**About this task**
Transcribe the material from its first line onward, ending with the line that contains "abbrev pub entry_frame" and adding nothing beyond it.

**Supplied records**
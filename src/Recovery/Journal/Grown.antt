-- ===== src/Recovery/Journal/Grown.antt =====
-- The journal of crates/uf-daemon/src/ddr_recovery_journal.rs after an append.
use uflow.Prelude.{
  ℕ, ◌+◌, ◌-◌, ◌≤◌, ◌≡◌, refl, sym, ◌∙◌, List, [], ◌∷◌, ◌++◌, Bool, true, false, ◌&&◌, some, ok,
  arith, length, length-append, Bool-cases, inl, inr, Option-cases,
}
use native.Mathlib.Nat.{zero-add}
use uflow.Prelude.Text.{Str}
use uflow.Recovery.Journal.Frame.{Kind, clean_checkpoint, Frame, max_journal}
use uflow.Recovery.Journal.Layout.{length-encoded_bytes}
use uflow.Recovery.Journal.Chain.{Entry, Fits, frame_of, entry_bytes, chain_bytes, chain_frames}
use uflow.Recovery.Journal.Head.{Head, encode_head, is_inconsistent}
use uflow.Recovery.Journal.Store.{
  AnchoredJournal, frame_at, is_other_kind, is_unanchored, is_unclean,
}
use uflow.Recovery.Journal.Append.{next_head, check_broker, is_misplaced}
use uflow.Recovery.Journal.Ledger.{Logs, few, chain_end_below}
use uflow.Recovery.Journal.Grow.{
  chain_bytes-append, chain_frames-append, chain_end-append, length-chain_frames, frame_at-append,
  frame_at-length, last_frame-append, All-snoc, checksum_of_frame,
}

-- The bytes of the entry, at the end of the journal.
abbrev pub entry_frame : AnchoredJournal → Entry → List ℕ
entry_frame j e = entry_bytes j.head.sequence j.head.checksum e

-- The head and the journal after the entry.
abbrev pub grown_head : AnchoredJournal → Str → Bool → Entry → Head
grown_head j broker checkpoint e =
    next_head j.head broker checkpoint (j.head.sequence + 1)
      (j.head.offset + length (entry_frame j e)) (entry_frame j e)

abbrev pub grown : AnchoredJournal → Str → Bool → Entry → AnchoredJournal
grown j broker checkpoint e = record {
  journal = j.journal ++ entry_frame j e;
  state = encode_head (grown_head j broker checkpoint e);
  head = grown_head j broker checkpoint e;
  poisoned = j.poisoned;
}

-- What `append_inner` asks of its arguments in a journal that holds `es`.
pub record Accepted (j : AnchoredJournal) (es : List Entry) (broker : Str) (e : Entry)
    (checkpoint recovery : Bool) : Type 0 where
  pub known : check_broker j.head broker ≡ ok tt
  pub fit : Fits e
  pub room : j.head.offset + length (entry_frame j e) ≤ max_journal
  pub placed : (checkpoint && is_misplaced j.head (chain_frames 0 0 es) broker e.0 recovery) ≡ false

module _ (j : AnchoredJournal) (es : List Entry) (logs : Logs j es) where
  module _ (broker : Str) (kind : Kind) (payload : List ℕ) (checkpoint recovery : Bool)
      (accepted : Accepted j es broker (kind, payload) checkpoint recovery) where
    abbrev entry : Entry
    entry = (kind, payload)

    abbrev last : Frame
    last = frame_of j.head.sequence j.head.checksum entry

    frames_now : chain_frames 0 0 (es ++ (entry ∷ [])) ≡ chain_frames 0 0 es ++ (last ∷ [])
    frames_now =
        chain_frames-append 0 0 es entry ∙ rw (zero-add (length es), logs.counted, logs.summed) refl

    checksum_now : (grown_head j broker checkpoint entry).checksum ≡ last.checksum
    checksum_now =
        checksum_of_frame kind (j.head.sequence + 1) j.head.checksum payload
          (omega (arith, logs.counted, few j es logs))
          (rw logs.summed (chain_end_below 0 0 es (omega arith)))
          (let (_, fits) = accepted.fit in fits)

    length-frame : length (entry_frame j entry) ≡ 40 + length payload
    length-frame = length-encoded_bytes kind (j.head.sequence + 1) j.head.checksum payload

    consistent_now : is_inconsistent (grown_head j broker checkpoint entry) ≡ false
    unfolding is_inconsistent check_broker
    consistent_now = ground (arith, logs.consistent, accepted.known, accepted.room, length-frame)

    kind_of_last : checkpoint ≡ true → is_other_kind clean_checkpoint (some last) ≡ false
    unfolding is_misplaced
    kind_of_last clean_now = ground (arith, accepted.placed, clean_now)

    -- The checkpoint that the head refers to is there still, or is the new frame.
    anchored_now :
        is_unanchored (grown_head j broker checkpoint entry) (chain_frames 0 0 es ++ (last ∷ []))
        ≡ false
    unfolding is_unanchored
    anchored_now = elim (Bool-cases checkpoint) [
      | inl clean_now ↦ rw clean_now (ground (arith, clean_now, kind_of_last, last_found))
      | inr dirty_now ↦
          elim (Option-cases (frame_at (j.head.clean_sequence - 1) (chain_frames 0 0 es))) [
            | inl gone ↦ rw dirty_now (ground (arith, gone, logs.anchored))
            | inr (f, there) ↦ rw dirty_now (
                ground (
                  arith,
                  there,
                  logs.anchored,
                  frame_at-append (j.head.clean_sequence - 1) (chain_frames 0 0 es) (last ∷ []) f
                      there,
                ))
          ]
    ]
      where
        place : j.head.sequence + 1 - 1 ≡ length es
        place = omega (arith, logs.counted)

        last_found :
            frame_at (j.head.sequence + 1 - 1) (chain_frames 0 0 es ++ (last ∷ [])) ≡ some last
        last_found =
            rw (place, sym (length-chain_frames 0 0 es))
              (frame_at-length (chain_frames 0 0 es) last)

    ended_now :
        is_unclean (grown_head j broker checkpoint entry) (chain_frames 0 0 es ++ (last ∷ []))
        ≡ false
    unfolding is_unclean
    ended_now = elim (Bool-cases checkpoint) [
      | inl clean_now ↦
          rw (clean_now, last_frame-append (chain_frames 0 0 es) last)
            (ground (arith, kind_of_last clean_now))
      | inr dirty_now ↦ rw dirty_now refl
    ]

    pub grown-Logs : Logs (grown j broker checkpoint entry) (es ++ (entry ∷ []))
    grown-Logs = record {
      live = logs.live;
      bytes = bytes_now;
      kept = refl;
      counted = ground (arith, logs.counted, length-append es (entry ∷ []));
      sized =
          rw (sym bytes_now)
            (ground (arith, logs.sized, logs.bytes, length-append j.journal (entry_frame j entry)));
      summed =
          checksum_now
          ∙ sym (
              chain_end-append 0 0 es entry
              ∙ rw (zero-add (length es), logs.counted, logs.summed) refl);
      fitting = All-snoc Fits es entry logs.fitting accepted.fit;
      bounded = accepted.room;
      consistent = consistent_now;
      anchored = rw frames_now anchored_now;
      ended = rw frames_now ended_now;
    }
      where
        bytes_now : j.journal ++ entry_frame j entry ≡ chain_bytes 0 0 (es ++ (entry ∷ []))
        bytes_now = rw logs.bytes (
            sym (
              chain_bytes-append 0 0 es entry
              ∙ rw (zero-add (length es), logs.counted, logs.summed) refl))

**Problem solution**
filename src/Recovery/Journal/Grown.antt
-- ===== src/Recovery/Journal/Grown.antt =====
-- The journal of crates/uf-daemon/src/ddr_recovery_journal.rs after an append.
use uflow.Prelude.{
  ℕ, ◌+◌, ◌-◌, ◌≤◌, ◌≡◌, refl, sym, ◌∙◌, List, [], ◌∷◌, ◌++◌, Bool, true, false, ◌&&◌, some, ok,
  arith, length, length-append, Bool-cases, inl, inr, Option-cases,
}
use native.Mathlib.Nat.{zero-add}
use uflow.Prelude.Text.{Str}
use uflow.Recovery.Journal.Frame.{Kind, clean_checkpoint, Frame, max_journal}
use uflow.Recovery.Journal.Layout.{length-encoded_bytes}
use uflow.Recovery.Journal.Chain.{Entry, Fits, frame_of, entry_bytes, chain_bytes, chain_frames}
use uflow.Recovery.Journal.Head.{Head, encode_head, is_inconsistent}
use uflow.Recovery.Journal.Store.{
  AnchoredJournal, frame_at, is_other_kind, is_unanchored, is_unclean,
}
use uflow.Recovery.Journal.Append.{next_head, check_broker, is_misplaced}
use uflow.Recovery.Journal.Ledger.{Logs, few, chain_end_below}
use uflow.Recovery.Journal.Grow.{
  chain_bytes-append, chain_frames-append, chain_end-append, length-chain_frames, frame_at-append,
  frame_at-length, last_frame-append, All-snoc, checksum_of_frame,
}

-- The bytes of the entry, at the end of the journal.
abbrev pub entry_frame : AnchoredJournal → Entry → List ℕ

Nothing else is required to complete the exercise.